Collected data
____
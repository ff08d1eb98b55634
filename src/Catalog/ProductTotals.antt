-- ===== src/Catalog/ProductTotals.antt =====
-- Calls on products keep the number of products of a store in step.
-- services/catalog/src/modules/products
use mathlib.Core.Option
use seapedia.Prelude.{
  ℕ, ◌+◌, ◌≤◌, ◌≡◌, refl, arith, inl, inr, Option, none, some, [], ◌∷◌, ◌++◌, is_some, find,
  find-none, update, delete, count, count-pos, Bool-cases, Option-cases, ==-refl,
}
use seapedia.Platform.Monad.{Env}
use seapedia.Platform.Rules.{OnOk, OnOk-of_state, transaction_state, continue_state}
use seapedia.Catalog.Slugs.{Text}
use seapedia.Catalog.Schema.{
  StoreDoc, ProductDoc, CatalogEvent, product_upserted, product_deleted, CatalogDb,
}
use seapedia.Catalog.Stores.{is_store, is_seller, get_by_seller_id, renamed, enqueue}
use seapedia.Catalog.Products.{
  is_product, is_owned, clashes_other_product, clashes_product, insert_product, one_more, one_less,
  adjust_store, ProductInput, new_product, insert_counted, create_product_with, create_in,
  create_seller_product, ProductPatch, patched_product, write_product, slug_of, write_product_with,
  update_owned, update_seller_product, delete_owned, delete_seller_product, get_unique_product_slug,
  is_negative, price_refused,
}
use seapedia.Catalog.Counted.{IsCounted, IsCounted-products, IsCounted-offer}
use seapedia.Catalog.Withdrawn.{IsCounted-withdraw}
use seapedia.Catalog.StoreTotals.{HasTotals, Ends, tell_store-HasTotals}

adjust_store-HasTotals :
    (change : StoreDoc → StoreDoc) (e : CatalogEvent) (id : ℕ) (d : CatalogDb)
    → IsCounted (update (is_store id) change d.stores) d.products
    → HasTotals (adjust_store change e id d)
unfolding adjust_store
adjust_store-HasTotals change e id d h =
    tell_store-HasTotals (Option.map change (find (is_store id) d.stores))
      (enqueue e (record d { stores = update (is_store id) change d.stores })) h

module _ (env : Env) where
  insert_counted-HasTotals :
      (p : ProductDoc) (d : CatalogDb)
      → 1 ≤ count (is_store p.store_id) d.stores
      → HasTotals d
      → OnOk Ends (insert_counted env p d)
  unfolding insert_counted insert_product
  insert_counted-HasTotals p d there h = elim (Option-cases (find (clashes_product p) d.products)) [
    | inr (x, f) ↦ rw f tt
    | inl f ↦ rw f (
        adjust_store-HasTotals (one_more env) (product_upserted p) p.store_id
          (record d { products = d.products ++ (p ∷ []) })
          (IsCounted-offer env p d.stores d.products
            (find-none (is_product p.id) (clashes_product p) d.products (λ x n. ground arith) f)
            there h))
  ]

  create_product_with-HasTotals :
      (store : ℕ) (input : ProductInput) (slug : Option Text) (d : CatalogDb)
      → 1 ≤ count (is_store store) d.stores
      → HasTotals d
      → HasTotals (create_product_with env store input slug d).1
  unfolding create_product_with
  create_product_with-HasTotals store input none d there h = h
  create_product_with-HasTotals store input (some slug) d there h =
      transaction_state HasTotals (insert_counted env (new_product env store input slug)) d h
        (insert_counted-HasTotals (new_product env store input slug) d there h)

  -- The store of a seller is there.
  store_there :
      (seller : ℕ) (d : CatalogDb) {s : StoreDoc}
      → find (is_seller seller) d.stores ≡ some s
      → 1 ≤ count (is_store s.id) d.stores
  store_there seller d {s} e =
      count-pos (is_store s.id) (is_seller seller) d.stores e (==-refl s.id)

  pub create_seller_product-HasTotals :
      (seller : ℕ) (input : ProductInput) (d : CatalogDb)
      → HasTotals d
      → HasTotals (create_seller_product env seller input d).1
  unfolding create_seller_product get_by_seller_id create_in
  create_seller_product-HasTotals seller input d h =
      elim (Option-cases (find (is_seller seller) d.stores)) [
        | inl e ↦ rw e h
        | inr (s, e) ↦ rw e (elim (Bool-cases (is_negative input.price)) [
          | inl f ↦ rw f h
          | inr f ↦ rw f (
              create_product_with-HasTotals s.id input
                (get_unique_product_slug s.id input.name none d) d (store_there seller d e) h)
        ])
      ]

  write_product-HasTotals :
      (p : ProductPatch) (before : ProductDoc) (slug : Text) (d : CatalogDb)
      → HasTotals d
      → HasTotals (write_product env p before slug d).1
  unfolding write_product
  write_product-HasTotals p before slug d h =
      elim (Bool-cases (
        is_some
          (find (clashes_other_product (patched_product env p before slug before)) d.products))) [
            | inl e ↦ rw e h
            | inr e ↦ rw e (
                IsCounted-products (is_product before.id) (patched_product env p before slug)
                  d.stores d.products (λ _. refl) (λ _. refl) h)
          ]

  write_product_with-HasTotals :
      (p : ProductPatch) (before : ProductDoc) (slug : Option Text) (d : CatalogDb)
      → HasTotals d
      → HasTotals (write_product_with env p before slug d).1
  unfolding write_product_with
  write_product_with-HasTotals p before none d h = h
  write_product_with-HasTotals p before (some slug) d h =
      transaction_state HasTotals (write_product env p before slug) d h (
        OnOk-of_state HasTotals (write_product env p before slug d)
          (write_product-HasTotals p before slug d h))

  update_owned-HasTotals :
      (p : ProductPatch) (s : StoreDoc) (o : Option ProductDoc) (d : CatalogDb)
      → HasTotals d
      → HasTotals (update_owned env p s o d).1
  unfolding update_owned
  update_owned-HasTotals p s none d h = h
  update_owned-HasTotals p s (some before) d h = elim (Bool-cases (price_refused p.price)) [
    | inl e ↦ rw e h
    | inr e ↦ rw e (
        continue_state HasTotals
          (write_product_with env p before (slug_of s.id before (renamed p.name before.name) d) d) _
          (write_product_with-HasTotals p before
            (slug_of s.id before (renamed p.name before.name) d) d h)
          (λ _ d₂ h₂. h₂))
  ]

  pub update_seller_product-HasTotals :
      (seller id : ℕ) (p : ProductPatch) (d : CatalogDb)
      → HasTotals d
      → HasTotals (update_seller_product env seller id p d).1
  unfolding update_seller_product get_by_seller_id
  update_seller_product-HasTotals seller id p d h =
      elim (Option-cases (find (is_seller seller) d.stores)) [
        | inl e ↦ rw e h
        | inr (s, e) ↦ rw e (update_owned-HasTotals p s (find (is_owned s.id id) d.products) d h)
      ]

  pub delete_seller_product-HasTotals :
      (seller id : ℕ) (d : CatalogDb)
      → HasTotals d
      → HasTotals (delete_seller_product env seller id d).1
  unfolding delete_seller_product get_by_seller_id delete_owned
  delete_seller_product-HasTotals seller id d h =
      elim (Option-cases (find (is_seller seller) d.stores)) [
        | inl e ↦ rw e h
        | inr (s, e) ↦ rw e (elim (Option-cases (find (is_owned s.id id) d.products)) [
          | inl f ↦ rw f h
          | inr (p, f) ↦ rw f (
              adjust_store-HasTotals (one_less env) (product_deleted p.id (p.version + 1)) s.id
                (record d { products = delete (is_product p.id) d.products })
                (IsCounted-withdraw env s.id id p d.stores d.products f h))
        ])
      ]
____
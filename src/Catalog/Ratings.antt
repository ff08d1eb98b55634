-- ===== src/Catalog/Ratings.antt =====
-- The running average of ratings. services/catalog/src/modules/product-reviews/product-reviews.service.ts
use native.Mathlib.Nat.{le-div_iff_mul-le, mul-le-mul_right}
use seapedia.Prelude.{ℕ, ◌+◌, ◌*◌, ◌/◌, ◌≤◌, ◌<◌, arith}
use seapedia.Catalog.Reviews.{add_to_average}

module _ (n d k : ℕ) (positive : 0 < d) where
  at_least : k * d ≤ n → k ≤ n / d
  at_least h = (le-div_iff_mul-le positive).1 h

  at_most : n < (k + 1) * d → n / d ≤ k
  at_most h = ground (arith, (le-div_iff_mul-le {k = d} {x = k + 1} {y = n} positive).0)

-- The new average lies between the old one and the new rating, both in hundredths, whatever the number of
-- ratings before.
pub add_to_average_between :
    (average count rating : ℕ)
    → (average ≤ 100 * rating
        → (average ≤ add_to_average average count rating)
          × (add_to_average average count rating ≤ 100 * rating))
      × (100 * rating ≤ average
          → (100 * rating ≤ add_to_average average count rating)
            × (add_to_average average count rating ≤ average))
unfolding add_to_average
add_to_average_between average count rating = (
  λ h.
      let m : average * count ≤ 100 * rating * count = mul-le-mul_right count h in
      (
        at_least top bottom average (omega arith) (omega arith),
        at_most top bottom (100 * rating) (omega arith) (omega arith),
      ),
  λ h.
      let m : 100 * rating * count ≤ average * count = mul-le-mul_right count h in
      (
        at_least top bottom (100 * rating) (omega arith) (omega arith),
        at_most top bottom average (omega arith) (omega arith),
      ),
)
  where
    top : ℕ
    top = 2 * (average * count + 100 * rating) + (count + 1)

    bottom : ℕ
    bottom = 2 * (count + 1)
____
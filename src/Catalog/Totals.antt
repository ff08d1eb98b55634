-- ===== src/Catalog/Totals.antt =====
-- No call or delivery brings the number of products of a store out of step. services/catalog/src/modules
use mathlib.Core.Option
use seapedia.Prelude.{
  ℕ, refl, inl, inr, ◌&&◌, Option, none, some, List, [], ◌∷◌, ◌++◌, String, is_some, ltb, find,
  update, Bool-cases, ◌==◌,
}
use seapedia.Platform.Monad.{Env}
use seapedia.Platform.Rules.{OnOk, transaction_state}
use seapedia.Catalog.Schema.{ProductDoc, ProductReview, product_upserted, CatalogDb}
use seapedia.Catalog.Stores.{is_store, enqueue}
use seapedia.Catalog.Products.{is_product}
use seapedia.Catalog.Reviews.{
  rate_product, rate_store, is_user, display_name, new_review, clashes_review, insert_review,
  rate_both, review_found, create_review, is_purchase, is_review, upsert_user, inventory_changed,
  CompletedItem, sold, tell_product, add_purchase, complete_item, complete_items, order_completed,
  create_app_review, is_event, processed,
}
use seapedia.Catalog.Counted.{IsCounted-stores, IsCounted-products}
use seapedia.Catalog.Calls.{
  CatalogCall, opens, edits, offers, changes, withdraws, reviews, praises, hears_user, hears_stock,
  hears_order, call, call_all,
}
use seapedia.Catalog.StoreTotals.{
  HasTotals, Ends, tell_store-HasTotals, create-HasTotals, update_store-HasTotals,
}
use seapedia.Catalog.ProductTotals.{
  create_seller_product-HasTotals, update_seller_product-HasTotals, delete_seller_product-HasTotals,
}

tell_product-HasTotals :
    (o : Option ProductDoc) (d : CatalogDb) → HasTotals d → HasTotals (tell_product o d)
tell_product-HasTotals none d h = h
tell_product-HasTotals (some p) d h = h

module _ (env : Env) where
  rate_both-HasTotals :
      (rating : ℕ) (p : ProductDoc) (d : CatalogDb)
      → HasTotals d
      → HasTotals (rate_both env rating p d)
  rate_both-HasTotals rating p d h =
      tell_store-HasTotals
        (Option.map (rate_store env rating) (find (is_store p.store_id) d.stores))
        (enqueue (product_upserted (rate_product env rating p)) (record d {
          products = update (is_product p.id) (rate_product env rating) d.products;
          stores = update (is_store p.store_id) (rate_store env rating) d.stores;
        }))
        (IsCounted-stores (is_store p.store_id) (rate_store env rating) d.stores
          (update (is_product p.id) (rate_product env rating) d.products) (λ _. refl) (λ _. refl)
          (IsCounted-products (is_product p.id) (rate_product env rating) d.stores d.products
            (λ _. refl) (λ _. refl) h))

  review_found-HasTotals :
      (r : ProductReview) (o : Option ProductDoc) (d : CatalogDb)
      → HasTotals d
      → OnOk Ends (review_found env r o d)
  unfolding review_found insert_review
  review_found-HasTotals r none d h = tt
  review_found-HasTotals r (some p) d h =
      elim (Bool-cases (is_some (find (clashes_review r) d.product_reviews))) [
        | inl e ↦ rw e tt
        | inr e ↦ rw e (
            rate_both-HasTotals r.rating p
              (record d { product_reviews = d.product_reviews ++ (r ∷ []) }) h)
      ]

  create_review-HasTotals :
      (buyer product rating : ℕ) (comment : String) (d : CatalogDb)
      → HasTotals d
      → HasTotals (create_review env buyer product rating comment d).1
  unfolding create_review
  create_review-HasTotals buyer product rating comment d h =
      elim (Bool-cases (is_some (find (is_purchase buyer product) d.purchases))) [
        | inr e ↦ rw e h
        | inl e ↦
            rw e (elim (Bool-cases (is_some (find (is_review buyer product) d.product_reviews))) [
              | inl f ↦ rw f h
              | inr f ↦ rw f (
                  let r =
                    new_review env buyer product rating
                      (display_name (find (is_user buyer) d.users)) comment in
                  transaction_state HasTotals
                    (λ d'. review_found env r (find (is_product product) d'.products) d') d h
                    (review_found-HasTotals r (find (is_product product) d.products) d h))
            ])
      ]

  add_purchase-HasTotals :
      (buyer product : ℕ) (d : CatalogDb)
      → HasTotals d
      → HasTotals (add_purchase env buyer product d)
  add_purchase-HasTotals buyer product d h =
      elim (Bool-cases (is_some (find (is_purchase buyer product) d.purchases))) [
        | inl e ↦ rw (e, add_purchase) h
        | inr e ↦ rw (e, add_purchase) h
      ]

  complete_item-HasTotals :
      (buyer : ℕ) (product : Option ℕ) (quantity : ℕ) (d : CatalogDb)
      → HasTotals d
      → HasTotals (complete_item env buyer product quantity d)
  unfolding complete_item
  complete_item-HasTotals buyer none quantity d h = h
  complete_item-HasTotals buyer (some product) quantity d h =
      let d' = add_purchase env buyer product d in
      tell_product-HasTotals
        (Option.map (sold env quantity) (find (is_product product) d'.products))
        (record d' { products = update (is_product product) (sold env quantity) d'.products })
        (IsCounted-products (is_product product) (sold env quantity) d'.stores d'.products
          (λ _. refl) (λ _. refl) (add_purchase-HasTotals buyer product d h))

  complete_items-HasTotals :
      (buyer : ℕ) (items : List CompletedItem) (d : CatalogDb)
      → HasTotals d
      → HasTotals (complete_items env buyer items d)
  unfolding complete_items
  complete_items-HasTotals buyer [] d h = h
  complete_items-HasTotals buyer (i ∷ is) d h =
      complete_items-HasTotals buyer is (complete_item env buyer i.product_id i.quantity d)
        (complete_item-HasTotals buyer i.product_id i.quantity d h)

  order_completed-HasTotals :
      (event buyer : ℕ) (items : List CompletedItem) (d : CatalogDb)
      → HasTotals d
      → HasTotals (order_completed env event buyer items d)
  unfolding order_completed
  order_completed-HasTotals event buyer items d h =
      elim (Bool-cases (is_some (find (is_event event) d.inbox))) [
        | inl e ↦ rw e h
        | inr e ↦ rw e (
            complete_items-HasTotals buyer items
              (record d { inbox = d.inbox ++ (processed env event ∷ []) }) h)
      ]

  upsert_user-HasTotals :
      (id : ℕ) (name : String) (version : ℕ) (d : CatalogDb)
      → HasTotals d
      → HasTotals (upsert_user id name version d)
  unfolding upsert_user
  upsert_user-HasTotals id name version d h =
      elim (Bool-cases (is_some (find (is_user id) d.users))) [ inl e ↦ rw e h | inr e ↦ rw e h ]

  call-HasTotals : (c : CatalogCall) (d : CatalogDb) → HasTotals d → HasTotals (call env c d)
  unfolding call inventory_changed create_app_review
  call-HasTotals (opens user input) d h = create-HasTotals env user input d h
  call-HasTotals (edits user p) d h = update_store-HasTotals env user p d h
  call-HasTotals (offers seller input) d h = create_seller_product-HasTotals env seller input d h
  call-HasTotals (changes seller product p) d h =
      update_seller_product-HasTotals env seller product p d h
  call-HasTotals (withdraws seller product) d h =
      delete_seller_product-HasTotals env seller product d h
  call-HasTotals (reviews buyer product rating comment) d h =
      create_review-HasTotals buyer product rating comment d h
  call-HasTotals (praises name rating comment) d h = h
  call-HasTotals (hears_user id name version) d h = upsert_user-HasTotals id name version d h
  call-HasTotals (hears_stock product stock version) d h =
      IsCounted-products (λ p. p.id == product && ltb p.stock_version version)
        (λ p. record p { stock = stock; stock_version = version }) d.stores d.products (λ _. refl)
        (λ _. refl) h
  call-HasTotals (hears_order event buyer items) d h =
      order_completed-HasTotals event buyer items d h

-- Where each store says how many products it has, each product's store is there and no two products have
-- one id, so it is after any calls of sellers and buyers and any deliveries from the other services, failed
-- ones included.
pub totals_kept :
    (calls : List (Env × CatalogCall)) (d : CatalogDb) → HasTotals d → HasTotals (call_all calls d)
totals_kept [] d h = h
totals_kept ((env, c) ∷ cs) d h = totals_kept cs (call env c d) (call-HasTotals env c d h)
____
▶ _Task to complete_: Each line in the entries above that includes the string "CatalogCall" adds to the count; state that count only.

▶ _Solution for this problem_: 3